Scikit-learn in NNI¶

Scikit-learn is a popular machine learning tool for data mining and data analysis. It supports many kinds of machine learning models like LinearRegression, LogisticRegression, DecisionTree, SVM etc. How to make the use of scikit-learn more efficiency is a valuable topic.

NNI supports many kinds of tuning algorithms to search the best models and/or hyper-parameters for scikit-learn, and support many kinds of environments like local machine, remote servers and cloud.

1. How to run the example¶

To start using NNI, you should install the NNI package, and use the command line tool nnictl to start an experiment. For more information about installation and preparing for the environment, please refer here.

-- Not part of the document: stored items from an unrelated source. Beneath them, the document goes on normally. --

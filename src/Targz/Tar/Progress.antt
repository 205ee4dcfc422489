-- ===== src/Targz/Tar/Progress.antt =====
-- The loop of `tarConsume` ends: every round takes a byte, and the state stays one from which the next
-- round does.
use spangap_core.Base.{
  ℕ, zero, suc, ◌+◌, ◌-◌, ◌≤◌, ◌<◌, ◌%◌, ◌^◌, ◌≡◌, ◌≢◌, refl, inl, inr, Option, none, some, List,
  [], ◌∷◌, ◌++◌, Bool, true, false, Bool-cases, arith, ltb, leb, ◌==◌, if◌then◌else◌, length, take,
  drop, length-drop, min, ltb→lt,
}
use spangap_core.Targz.Octal.{octal_value}
use spangap_core.Targz.Header.{Ustar, of_bytes, tar_block}
use spangap_core.Targz.Names.{entry_name}
use spangap_core.Targz.Tar.{
  Err, ok, err_tar, err_unsafe, TarStage, tar_hdr, tar_data, tar_pad, tar_end, Callbacks, Tar,
  end_entry, open_entry, announce, named_entry, accept, tar_header, hdr_step, data_step, pad_step,
  tar_step, after_round, is_end, tar_loop, tar_consume, strip_slashes, all_zero,
}

-- What the stage still waits for is more than nothing.
abbrev pub HasWork : TarStage → ℕ → ℕ → Type 0
HasWork tar_data pending pad = 0 < pending
HasWork tar_pad pending pad = 0 < pad
HasWork tar_hdr pending pad = Unit
HasWork tar_end pending pad = Unit

module _ {Ctx : Type 0} where
  pub record IsReady (r : Tar Ctx) : Type 0 where
    pub room : length r.hdr < 512
    pub work : HasWork r.stage r.pending r.pad

  abbrev Ready : Err × Tar Ctx → Type 0
  Ready (e, r) = e ≡ ok → IsReady r

module _ (cb : Callbacks) where
  open cb use {Ctx, on_dir, on_file, on_data, on_file_end}

  end_entry-Ready : (r : Tar Ctx) → length r.hdr < 512 → Ready (end_entry cb r)
  unfolding end_entry
  end_entry-Ready r h = elim (Bool-cases r.in_file) [
    | inl file ↦ rw file (elim (Bool-cases (on_file_end r.ctx).0) [
      | inl fine ↦ rw fine (λ _. ground arith)
      | inr bad ↦ rw bad (λ e. cc)
    ])
    | inr dir ↦ rw dir (λ _. ground arith)
  ]

  open_entry-Ready : (r : Tar Ctx) (size : ℕ) → length r.hdr < 512 → Ready (open_entry cb r size)
  unfolding open_entry
  open_entry-Ready r size h = elim (Bool-cases (size == 0)) [
    | inl empty ↦ rw empty (end_entry-Ready _ h)
    | inr full ↦ rw full (λ _. record { room = h; work = ground arith })
  ]

  announce-Ready :
      (r : Tar Ctx) (is_dir : Bool) (name : List ℕ) (size : ℕ)
      → length r.hdr < 512
      → Ready (announce cb r is_dir name size)
  unfolding announce
  announce-Ready r true name size h = elim (Bool-cases (on_dir r.ctx name).0) [
    | inl fine ↦ rw fine (open_entry-Ready _ size h)
    | inr bad ↦ rw bad (λ e. cc)
  ]
  announce-Ready r false name size h = elim (Bool-cases (on_file r.ctx name (size % 2 ^ 32)).0) [
    | inl fine ↦ rw fine (open_entry-Ready _ size h)
    | inr bad ↦ rw bad (λ e. cc)
  ]

  if-Ready :
      (test : Bool) (e : Err) (r : Tar Ctx) (other : Err × Tar Ctx)
      → e ≢ ok
      → Ready other
      → Ready (if test then (e, r) else other)
  if-Ready true e r other ne h = λ p. absurd (ne p)
  if-Ready false e r other ne h = h

  named_entry-Ready :
      (r : Tar Ctx) (h : Ustar) (name : List ℕ)
      → length r.hdr < 512
      → Ready (named_entry cb r h name)
  unfolding named_entry
  named_entry-Ready r h name lt =
      if-Ready _ err_unsafe r _ (λ e. cc)
        (if-Ready _ err_unsafe r _ (λ e. cc)
          (announce-Ready r _ (strip_slashes name) (octal_value h.size) lt))

  accept-Ready :
      (r : Tar Ctx) (h : Ustar) (o : Option (List ℕ)) → length r.hdr < 512 → Ready (accept cb r h o)
  unfolding accept
  accept-Ready r h none lt = λ e. cc
  accept-Ready r h (some name) lt = named_entry-Ready r h name lt

  tar_header-Ready :
      (r : Tar Ctx) (block : List ℕ)
      → r.stage ≡ tar_hdr
      → length r.hdr < 512
      → Ready (tar_header cb r block)
  unfolding tar_header
  tar_header-Ready r block st lt = elim (Bool-cases (all_zero block)) [
    | inl zeros ↦ rw zeros (elim (Bool-cases (leb 2 (r.zero_blocks + 1))) [
      | inl two ↦ rw two (λ _. record { room = lt; work = tt })
      | inr one ↦ rw one (λ _. record { room = lt; work = rw st tt })
    ])
    | inr entry ↦ rw entry (
        if-Ready _ err_tar _ _ (λ e. cc)
          (accept-Ready (record r { zero_blocks = 0 }) (of_bytes block)
            (entry_name (of_bytes block)) lt))
  ]

  -- What a round owes: a byte less, and a state from which the next one can go on.
  abbrev pub Round : List ℕ → Err × Tar Ctx × List ℕ → Type 0
  Round p (e, r, rest) = e ≡ ok → IsReady r × (length rest < length p)

  module _ (r : Tar Ctx) (v : IsReady r) (p : List ℕ) (more : 0 < length p) where
    hdr_step-Round : r.stage ≡ tar_hdr → Round p (hdr_step cb r p)
    unfolding hdr_step
    hdr_step-Round st =
        elim (Bool-cases
          (ltb (length (r.hdr ++ take (min (tar_block - length r.hdr) (length p)) p)) tar_block)) [
            | inl short ↦
                rw short (λ _. (record { room = ltb→lt _ _ short; work = rw st tt }, shorter))
            | inr full ↦
                rw full
                  (λ e. (tar_header-Ready (record r { hdr = [] }) _ st (omega arith) e, shorter))
          ]
      where
        shorter : length (drop (min (tar_block - length r.hdr) (length p)) p) < length p
        shorter =
            omega (arith, v.room, more, length-drop (min (tar_block - length r.hdr) (length p)) p)

    pad_step-Round : r.stage ≡ tar_pad → Round p (pad_step cb r p)
    unfolding pad_step
    pad_step-Round st = elim (Bool-cases (r.pad - min r.pad (length p) == 0)) [
      | inl done ↦ rw done (λ _. (record { room = v.room; work = tt }, shorter))
      | inr open_pad ↦
          rw open_pad (λ _. (record { room = v.room; work = rw st (ground arith) }, shorter))
    ]
      where
        some_pad : 0 < r.pad
        some_pad = rw st at v.work

        shorter : length (drop (min r.pad (length p)) p) < length p
        shorter = omega (arith, more, some_pad, length-drop (min r.pad (length p)) p)

    -- The end of a body, or more of it, on whatever the receiver answered.
    data_step-Round : r.stage ≡ tar_data → Round p (data_step cb r p)
    unfolding data_step
    data_step-Round st = elim (Bool-cases got) [
      | inr bad ↦ rw bad (λ e. cc)
      | inl fine ↦ elim (Bool-cases (r.pending - n == 0)) [
        | inl done ↦ rw (fine, done) (λ e. (end_entry-Ready _ v.room e, shorter))
        | inr open_body ↦
            rw (fine, open_body)
              (λ _. (record { room = v.room; work = rw st (ground arith) }, shorter))
      ]
    ]
      where
        n : ℕ
        n = min r.pending (length p)

        got : Bool
        got = (if r.in_file then on_data r.ctx (take n p) else (true, r.ctx)).0

        some_body : 0 < r.pending
        some_body = rw st at v.work

        shorter : length (drop (min r.pending (length p)) p) < length p
        shorter = omega (arith, more, some_body, length-drop (min r.pending (length p)) p)

    pub tar_step-Round :
        (stage : TarStage)
        → r.stage ≡ stage
        → is_end stage ≡ false
        → Round p (tar_step cb stage r p)
    unfolding tar_step
    tar_step-Round tar_hdr st e = hdr_step-Round st
    tar_step-Round tar_data st e = data_step-Round st
    tar_step-Round tar_pad st e = pad_step-Round st
    tar_step-Round tar_end st e = cc

  -- The run was consumed: there is a result, and after a success the parser can go on.
  pub record Consumed (o : Option (Err × Tar Ctx)) : Type 0 where
    pub result : Err × Tar Ctx
    pub returned : o ≡ some result
    pub ready : result.0 ≡ ok → IsReady result.1

  Round-Consumed :
      (fuel : ℕ)
      → ((r : Tar Ctx) (p : List ℕ) → IsReady r → length p ≤ fuel → Consumed (tar_loop cb fuel r p))
      → (p : List ℕ) (s : Err × Tar Ctx × List ℕ) → length p ≤ suc fuel
      → Round p s
      → Consumed (after_round cb (tar_loop cb fuel) s)
  Round-Consumed fuel ih p (ok, r', rest) le h = ih r' rest (h refl).0 (omega (arith, (h refl).1))
  Round-Consumed fuel ih p (e, r', rest) le h = record {
    result = (e, r');
    returned = refl;
    ready = λ p. cc;
  }

  tar_loop-Consumed :
      (fuel : ℕ) (r : Tar Ctx) (p : List ℕ)
      → IsReady r
      → length p ≤ fuel
      → Consumed (tar_loop cb fuel r p)
  unfolding tar_loop
  tar_loop-Consumed fuel r [] v le = record { result = (ok, r); returned = refl; ready = λ _. v }
  tar_loop-Consumed zero r (c ∷ p) v le = absurd (omega arith)
  tar_loop-Consumed (suc fuel) r (c ∷ p) v le = elim (Bool-cases (is_end r.stage)) [
    | inl done ↦ rw done (record { result = (ok, r); returned = refl; ready = λ _. v })
    | inr go_on ↦ rw go_on (
        Round-Consumed fuel (λ r' rest v' le'. tar_loop-Consumed fuel r' rest v' le') (c ∷ p)
          (tar_step cb r.stage r (c ∷ p)) le
          (tar_step-Round r v (c ∷ p) (omega arith) r.stage refl go_on))
  ]

  -- From a state that the parser can be in, `tarConsume` ends on every run of bytes, and leaves such a
  -- state behind when it succeeds.
  pub tar_consume-Consumed : (r : Tar Ctx) (p : List ℕ) → IsReady r → Consumed (tar_consume cb r p)
  unfolding tar_consume
  tar_consume-Consumed r p v = tar_loop-Consumed (length p) r p v (omega arith)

After you installed NNI, you could enter the corresponding folder and start the experiment using following commands:

nnictl create --config ./config.yml

2. Description of the example¶

2.1 classification¶

This example uses the dataset of digits, which is made up of 1797 8x8 images, and each image is a hand-written digit, the goal is to classify these images into 10 classes.

In this example, we use SVC as the model, and choose some parameters of this model, including "C", "kernel", "degree", "gamma" and "coef0". For more information of these parameters, please refer.

2.2 regression¶

This example uses the Boston Housing Dataset, this dataset consists of price of houses in various places in Boston and the information such as Crime (CRIM), areas of non-retail business in the town (INDUS), the age of people who own the house (AGE) etc., to predict the house price of Boston.

In this example, we tune different kinds of regression models including "LinearRegression", "SVR", "KNeighborsRegressor", "DecisionTreeRegressor" and some parameters like "svr_kernel", "knr_weights". You could get more details about these models from here.

3. How to write scikit-learn code using NNI¶

It is easy to use NNI in your scikit-learn code, there are only a few steps.

step 1

Prepare a search_space.json to storage your choose spaces. For example, if you want to choose different models, you may try:

{
  "model_name":{"_type":"choice","_value":["LinearRegression", "SVR", "KNeighborsRegressor", "DecisionTreeRegressor"]}
}

If you want to choose different models and parameters, you could put them together in a search_space.json file.

{
  "model_name":{"_type":"choice","_value":["LinearRegression", "SVR", "KNeighborsRegressor", "DecisionTreeRegressor"]},
  "svr_kernel": {"_type":"choice","_value":["linear", "poly", "rbf"]},
  "knr_weights": {"_type":"choice","_value":["uniform", "distance"]}
}

Then you could read these values as a dict from your python code, please get into the step 2.

step 2

At the beginning of your python code, you should import nni to insure the packages works normally.

First, you should use nni.get_next_parameter() function to get your parameters given by NNI. Then you could use these parameters to update your code. For example, if you define your search_space.json like following format:

{
  "C": {"_type":"uniform","_value":[0.1, 1]},
  "kernel": {"_type":"choice","_value":["linear", "rbf", "poly", "sigmoid"]},
  "degree": {"_type":"choice","_value":[1, 2, 3, 4]},
  "gamma": {"_type":"uniform","_value":[0.01, 0.1]},
  "coef0 ": {"_type":"uniform","_value":[0.01, 0.1]}
}

You may get a parameter dict like this:

params = {
      'C': 1.0,
      'kernel': 'linear',
      'degree': 3,
      'gamma': 0.01,
      'coef0': 0.01
}

Then you could use these variables to write your scikit-learn code.

step 3

After you finished your training, you could get your own score of the model, like your precision, recall or MSE etc. NNI needs your score to tuner algorithms and generate next group of parameters, please report the score back to NNI and start next trial job.

You just need to use nni.report_final_result(score) to communicate with NNI after you process your scikit-learn code. Or if you have multiple scores in the steps of training, you could also report them back to NNI using nni.report_intemediate_result(score). Note, you may not report intermediate result of your job, but you must report back your final result.